FCA bans ex-Co-op Bank chair from financial services sector
The Financial Conduct Authority has banned convicted drug criminal Paul Flowers, former chairman of Co-operative Bank PLC, from the financial services industry indefinitely.
Mr Flowers was convicted of possessing illegal drugs and, separately, was also found to have used his work email for sexually explicit messages and to discuss illegal drugs, said the FCA. He was chair of Co-op Bank between 15 April 2010 and 5 June 2013. His actions made national newspaper headlines at the time.
The FCA found that Mr Flowers’ conduct demonstrated a “lack of fitness and propriety” required to work in financial services.
The FCA found that while chairman of the bank, Mr Flowers:
• used his work mobile telephone to make a number of inappropriate telephone calls to a premium rate chat line in breach of Co-op Group and Co-op Bank policies; and
• used his work email account to send and receive sexually explicit and otherwise inappropriate messages, and to discuss illegal drugs, in breach of Co-op Group and Co-op Bank policies despite having been previously warned about his earlier misconduct.
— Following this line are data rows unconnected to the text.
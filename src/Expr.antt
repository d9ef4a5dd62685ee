-- ===== src/Expr.antt =====
-- The expressions of column rules: the errors, the tokens, the syntax trees and the types of
-- dbcli/src/synth/expr.rs. `N` is the type of the numbers, the decimals of a library.
pub mod Operands
pub mod Referenced
pub mod Eval
pub mod Lex
pub mod Operators
pub mod Parser
mod Examples
use hepta_dbcli.Prelude.{
  ℕ, suc, refl, ltb, leb, not, ◌||◌, Bool, true, false, List, [], ◌∷◌, ◌++◌, Option, none, some,
  ◌≡◌, if◌then◌else◌,
}
use hepta_dbcli.Text.{Text, codes, text_eq}

pub data ExprError : Type 0 where
  syntax : Text → ℕ → ExprError
  disallowed : Text → Text → ExprError
  unknown_column : Text → ExprError
  division_by_zero : Text → ExprError
  remainder_by_zero : Text → ExprError
  mixed_type_comparison : Text → Text → ExprError
  type_mismatch : Text → Text → ExprError
  non_boolean_predicate : Text → ExprError
  null_result : ExprError
  overflow : Text → ExprError

-- `Result<A, ExprError>`, a panic of an index out of bounds, or no fuel left (the theorems exclude
-- both).
pub data Result {ℓ} (A : Type ℓ) : Type ℓ where
  ok : A → Result A
  err : ExprError → Result A
  panic : Result A
  out_of_fuel : Result A

infixl 5 ◌>>=◌
abbrev pub ◌>>=◌ {ℓ κ} : {A : Type ℓ} {B : Type κ} → Result A → (A → Result B) → Result B
ok a >>= f = f a
err e >>= f = err e
panic >>= f = panic
out_of_fuel >>= f = out_of_fuel

-- The run ends, and a value that it returns has the property.
abbrev pub Returns {ℓ} : {A : Type ℓ} → (A → Type 0) → Result A → Type 0
Returns P (ok a) = P a
Returns P (err e) = Unit
Returns P panic = ⊥
Returns P out_of_fuel = ⊥

pub Returns->>= {ℓ κ} :
    {A : Type ℓ} {B : Type κ} (P : A → Type 0) (Q : B → Type 0) (m : Result A) (f : A → Result B)
    → Returns P m
    → ((a : A) → m ≡ ok a → P a → Returns Q (f a))
    → Returns Q (m >>= f)
Returns->>= P Q (ok a) f h k = k a refl h
Returns->>= P Q (err e) f h k = tt
Returns->>= P Q panic f h k = h
Returns->>= P Q out_of_fuel f h k = h

pub Returns-weaken {ℓ} :
    {A : Type ℓ} (P Q : A → Type 0) (m : Result A)
    → ((a : A) → P a → Q a)
    → Returns P m
    → Returns Q m
Returns-weaken P Q (ok a) w h = w a h
Returns-weaken P Q (err e) w h = tt
Returns-weaken P Q panic w h = h
Returns-weaken P Q out_of_fuel w h = h

pub data Token (N : Type 0) : Type 0 where
  number : N → Token N
  str : Text → Token N
  ident : Text → Token N
  l_paren r_paren l_bracket r_bracket comma dot plus minus star slash percent : Token N
  eq_eq not_eq lt le gt ge and_and or_or : Token N

-- `Display` of a token; `show` prints a number
unfoldable pub token_text : {N : Type 0} → (N → Text) → Token N → Text
token_text show (number v) = show v
token_text show (str t) = codes "'" ++ t ++ codes "'"
token_text show (ident t) = t
token_text show l_paren = codes "("
token_text show r_paren = codes ")"
token_text show l_bracket = codes "["
token_text show r_bracket = codes "]"
token_text show comma = codes ","
token_text show dot = codes "."
token_text show plus = codes "+"
token_text show minus = codes "-"
token_text show star = codes "*"
token_text show slash = codes "/"
token_text show percent = codes "%"
token_text show eq_eq = codes "=="
token_text show not_eq = codes "!="
token_text show lt = codes "<"
token_text show le = codes "<="
token_text show gt = codes ">"
token_text show ge = codes ">="
token_text show and_and = codes "&&"
token_text show or_or = codes "||"

pub record Spanned (N : Type 0) : Type 0 where
  pub token : Token N
  pub position : ℕ

pub data ArithOp : Type 0 where
  add sub mul div rem : ArithOp

abbrev pub arith_symbol : ArithOp → Text
arith_symbol add = codes "+"
arith_symbol sub = codes "-"
arith_symbol mul = codes "*"
arith_symbol div = codes "/"
arith_symbol rem = codes "%"

pub data CmpOp : Type 0 where
  eq ne lt le gt ge : CmpOp

abbrev pub cmp_symbol : CmpOp → Text
cmp_symbol eq = codes "=="
cmp_symbol ne = codes "!="
cmp_symbol lt = codes "<"
cmp_symbol le = codes "<="
cmp_symbol gt = codes ">"
cmp_symbol ge = codes ">="

mutual
  pub data Node (N : Type 0) : Type 0 where
    number : N → Node N
    str : Text → Node N
    column : Text → Node N
    negate : Node N → Node N
    arith : ArithOp → Node N → Node N → Node N
    compare : CmpOp → Node N → Node N → Node N
    and : Node N → Node N → Node N
    or : Node N → Node N → Node N
    call : Text → Nodes N → Node N

  pub data Nodes (N : Type 0) : Type 0 where
    nil : Nodes N
    cons : Node N → Nodes N → Nodes N

abbrev pub count : {N : Type 0} → Nodes N → ℕ
count nil = 0
count (cons n ns) = suc (count ns)

pub record FunctionSpec : Type 0 where
  pub name : Text
  pub min_args : ℕ
  pub max_args : Option ℕ

abbrev pub fixed_arity : Text → ℕ → FunctionSpec
fixed_arity name arity = record { name = name; min_args = arity; max_args = some arity }

abbrev pub known_functions : List FunctionSpec
known_functions =
    fixed_arity (codes "if") 3
    ∷ fixed_arity (codes "concat") 2
    ∷ record { name = codes "substr"; min_args = 2; max_args = some 3 }
    ∷ fixed_arity (codes "right") 2
    ∷ fixed_arity (codes "left") 2
    ∷ []

abbrev pub known_function_names : List FunctionSpec → List Text
known_function_names [] = []
known_function_names (spec ∷ specs) = spec.name ∷ known_function_names specs

-- `KNOWN_FUNCTIONS.iter().find(..)`
unfoldable pub find_spec : Text → List FunctionSpec → Option FunctionSpec
unfolding text_eq
find_spec name [] = none
find_spec name (spec ∷ specs) = if text_eq name spec.name then some spec else find_spec name specs

abbrev pub at_most : ℕ → Option ℕ → Bool
at_most n none = true
at_most n (some m) = leb n m

-- The number of arguments is one that the function takes.
unfoldable pub arity_fits : FunctionSpec → ℕ → Bool
arity_fits spec n = not (ltb n spec.min_args || not (at_most n spec.max_args))

-- Every call is of a known function, with a number of arguments that it takes.
unfoldable mutual
  pub WellFormed : {N : Type 0} → Node N → Type 0
  WellFormed (number v) = Unit
  WellFormed (str t) = Unit
  WellFormed (column c) = Unit
  WellFormed (negate n) = WellFormed n
  WellFormed (arith op l r) = WellFormed l × WellFormed r
  WellFormed (compare op l r) = WellFormed l × WellFormed r
  WellFormed (and l r) = WellFormed l × WellFormed r
  WellFormed (or l r) = WellFormed l × WellFormed r
  WellFormed (call name args) =
      (spec : FunctionSpec) × (find_spec name known_functions ≡ some spec)
      × (arity_fits spec (count args) ≡ true)
      × WellFormedArgs args

  pub WellFormedArgs : {N : Type 0} → Nodes N → Type 0
  WellFormedArgs nil = Unit
  WellFormedArgs (cons n ns) = WellFormed n × WellFormedArgs ns

-- The static type of an expression.
pub data Ty : Type 0 where
  number string bool unknown : Ty

-- The type of a call of `if`, by the types of its second and third argument.
abbrev pub branch_type : Ty → Ty → Ty
branch_type number number = number
branch_type string string = string
branch_type bool bool = bool
branch_type _ _ = unknown

unfoldable mutual
  unfolding text_eq

  pub infer_type : {N : Type 0} → Node N → Ty
  infer_type (number v) = number
  infer_type (str t) = string
  infer_type (column c) = unknown
  infer_type (negate n) = number
  infer_type (arith op l r) = number
  infer_type (compare op l r) = bool
  infer_type (and l r) = bool
  infer_type (or l r) = bool
  infer_type (call name args) = if text_eq name (codes "if") then branches args else string

  pub branches : {N : Type 0} → Nodes N → Ty
  branches (cons c (cons t (cons e rest))) = branch_type (infer_type t) (infer_type e)
  branches _ = unknown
After stepping down as chair, Mr Flowers was convicted for possession of illegal drugs.
Mark Steward, FCA executive director of Enforcement and Market Oversight, said: “The role of chair occupies a unique place of trust and influence. The chair is pivotal in setting expectations of a company’s culture, values and behaviours.
“Mr Flowers failed in his duty to lead by example and to meet the high standards of integrity and probity demanded by the role. These high standards are what the financial services industry and the wider community rightly expect of its senior individuals. Where a chair, or other senior individual, fails to discharge these standards the FCA will hold them to account.”
The FCA found that Mr Flowers has demonstrated an unwillingness to comply not only with the FCA’s requirements and standards but also with other legal, regulatory and professional requirements.
The regulator said it believes Mr Flowers’ disregard for the standards he is expected to meet demonstrates a lack of integrity and that any future involvement by Mr Flowers in the financial services industry risks undermining consumer and market confidence.